# Making Tadpole Tea



## Pirateglow (Jul 29, 2008)

Hello, I am going to brew up some tadpole tea and know the basics of using Indian Almond Leafs and boiling them to release the tannins. I also have a huge California Oak tree in my backyard and was wondering if anyone has used Oak leaves before. Do you use the same process (boiling)? Any other leaves people use to make the tea? I am interested in what methods and natural ingredients you use to make your water ready. 

Here is my plan. What do you think? It's for Azureus Tads: 
1. Start with RO Water 
2. Boil Clean Oak Leaves into it
3. Allow Water to Sit for Several Days
4. Add a piece of Java Moss 
5. Add a tadpole.


----------



## zBrinks (Jul 16, 2006)

I make my tadpole tea with oak leaves on a regular basis. I just dump several handfulls of leaves in a 2 gallon bucket, add about 1.5 gallons of R/O water, put the top on it, and use the water a month or so later. I also place a leaf in with each tadpole - after the leaves have soaked in the bucket, they have a nice biofilm on them, which the tadpoles love.


----------



## froggiefriend (Jan 4, 2008)

Do you have to use R/O water? 
What I was wondering was - can you use rainwater?
I mean I collect it an use it for my orchids and they love it.. but is there something special that the R/O water has that the rainwater doesn't?
I don't feel that I live in a very high polluted area... 
Sorry didn't mean to hijack.. but just was hoping for an answer.. 
Kristin


----------



## Pirateglow (Jul 29, 2008)

Thanks zBrinks! 

Do you clean or rinse the leaves at all before you throw them in the bucket? Check for insect eggs or anything? No boiling?


----------



## flyangler18 (Oct 26, 2007)

Boiling will release the tannins must faster than simply soaking the leaves- so if you have an immediate need for tad tea, boil away.

I usually have 2-3 gallons of tad tea water on hand at any time.


----------



## Pirateglow (Jul 29, 2008)

So my plan is now to soak some and boil some for my immediate use. Thanks again!


----------



## MJ (Jun 16, 2005)

froggiefriend said:


> Do you have to use R/O water?
> What I was wondering was - can you use rainwater?
> I mean I collect it an use it for my orchids and they love it.. but is there something special that the R/O water has that the rainwater doesn't?
> I don't feel that I live in a very high polluted area...
> ...



Kristi, rain water is fine.

It's what the R/O water doesn't have that makes a difference. 

I


----------



## rozdaboff (Feb 27, 2005)

Just to provide an alternative to "making" tadpole tea, it is just as effective (at least in my experience) and much easier to just place a piece of a leaf with high-tannin content (I prefer to use Indian Almond leaves) in the tad cup at the same time I place the tad into it. 

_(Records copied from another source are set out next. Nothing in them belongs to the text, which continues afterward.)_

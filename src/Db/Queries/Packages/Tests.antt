-- ===== src/Db/Queries/Packages/Tests.antt =====
-- The round trip of a version that is stored a second time, with what the registry says by then.
use npm_sentinel.Base.{ℕ, String, arith, ◌≡◌, refl, Option, none, some, [], ◌∷◌, get_elem?}
use npm_sentinel.Db.Models.{Db, PackageModel, PackageVersionModel, PackageVersionMetadata}
use npm_sentinel.Db.Table.{find_row, some_row, update_where, select_rows}
use npm_sentinel.Db.Packages.{get_by_name, upsert_package_version}
use npm_sentinel.Db.Select.{count_rows}
use npm_sentinel.Db.Reads.{Pagination}
use npm_sentinel.Db.Queries.Packages.{list_package_versions}
use npm_sentinel.Db.Queries.Packages.Stored.{version_row, upsert_package_version-listed}

abbrev metadata_at : Option ℕ → PackageVersionMetadata
metadata_at published = record {
  published_at = published;
  tarball_url = none;
  integrity = none;
  unpacked_size = none;
  file_count = none;
  package_json = [];
  dependencies = [];
  scripts = [];
}

abbrev version : ℕ → String → Option ℕ → PackageVersionModel
version i v published = record {
  id = i;
  package_id = 2;
  version = v;
  created_at = 1;
  metadata = metadata_at published;
}

abbrev lodash : PackageModel
lodash = record {
  id = 2;
  name = "lodash";
  latest_scanned_version = none;
  last_scanned_at = none;
  created_at = 1;
  updated_at = 1;
}

-- The version without a date is stored again, with one.
abbrev tables : PackageVersionModel → Db
tables second = record {
  packages = lodash ∷ [];
  versions = version 1 "1.0.0" (some 3) ∷ second ∷ version 3 "1.1.0" (some 4) ∷ [];
  scan_results = [];
  findings = [];
  queue_jobs = [];
}

abbrev first_page : Pagination
first_page = record { limit = 2; offset = 0 }

upsert_package_version-listed_example :
    ((version 2 "2.0.0" (some 8)).version ≡ "2.0.0")
    × ((version 2 "2.0.0" (some 8)).metadata ≡ metadata_at (some 8))
    × (get_elem?
          (list_package_versions "lodash" first_page (tables (version 2 "2.0.0" (some 8)))).0
          0
        ≡ some (version_row 2 "lodash" "2.0.0" (metadata_at (some 8)) (version 2 "2.0.0" (some 8))))
unfolding get_by_name upsert_package_version find_row some_row update_where select_rows count_rows
upsert_package_version-listed_example =
    upsert_package_version-listed 7 9 lodash "2.0.0" (metadata_at (some 8)) first_page 0
      (tables (version 2 "2.0.0" none)) {row = version 2 "2.0.0" (some 8)}
      {after = tables (version 2 "2.0.0" (some 8))} (refl, (refl, (refl, tt))) refl refl refl
      (omega arith)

As evident by the color change in the water, the tannins leach out of the leaf very quickly (notice a subtle change in color within minutes to hours; dramatic change in as little as a day). Also, as the leaf breaks down, it becomes a great food source for the tad. Detritus offered in this fashion accounts for most of the nutrition of my tads (I do supplement ~once a week with a mixture of fish flake, tad bites, sera micron, and Naturose).


----------



## porkchop48 (May 16, 2006)

I do just what Rozdaboff said. 
I sometimes keep a gallon jug in the closet with regular old aged tap water and some almond leaf crumbles. If it runs out when moving tads from petri dish to cup. They get aged tap water and a piece of almond leaf. No boiling no nothing.


----------



## herper99 (Mar 21, 2008)

Do all of you put your tads in straight tadpole tea? I just use about a teaspoon or two in aged tap water, and then add a small piece of java moss and maybe a piece of IA leaf. However I've heard that some people put their tads in straight tadpole tea. I make it like most of you.....Indian Almond leaves, boiled in aged tap water. 

Chris


----------



## NathalieB (Apr 23, 2007)

I boil Indian Almond leaves, banana leaves and oak leaves in tap water.
I put the tadpoles in a mix of this and RO-water. this way i find you can controle much better the amount of tannines in the water and it stays constant.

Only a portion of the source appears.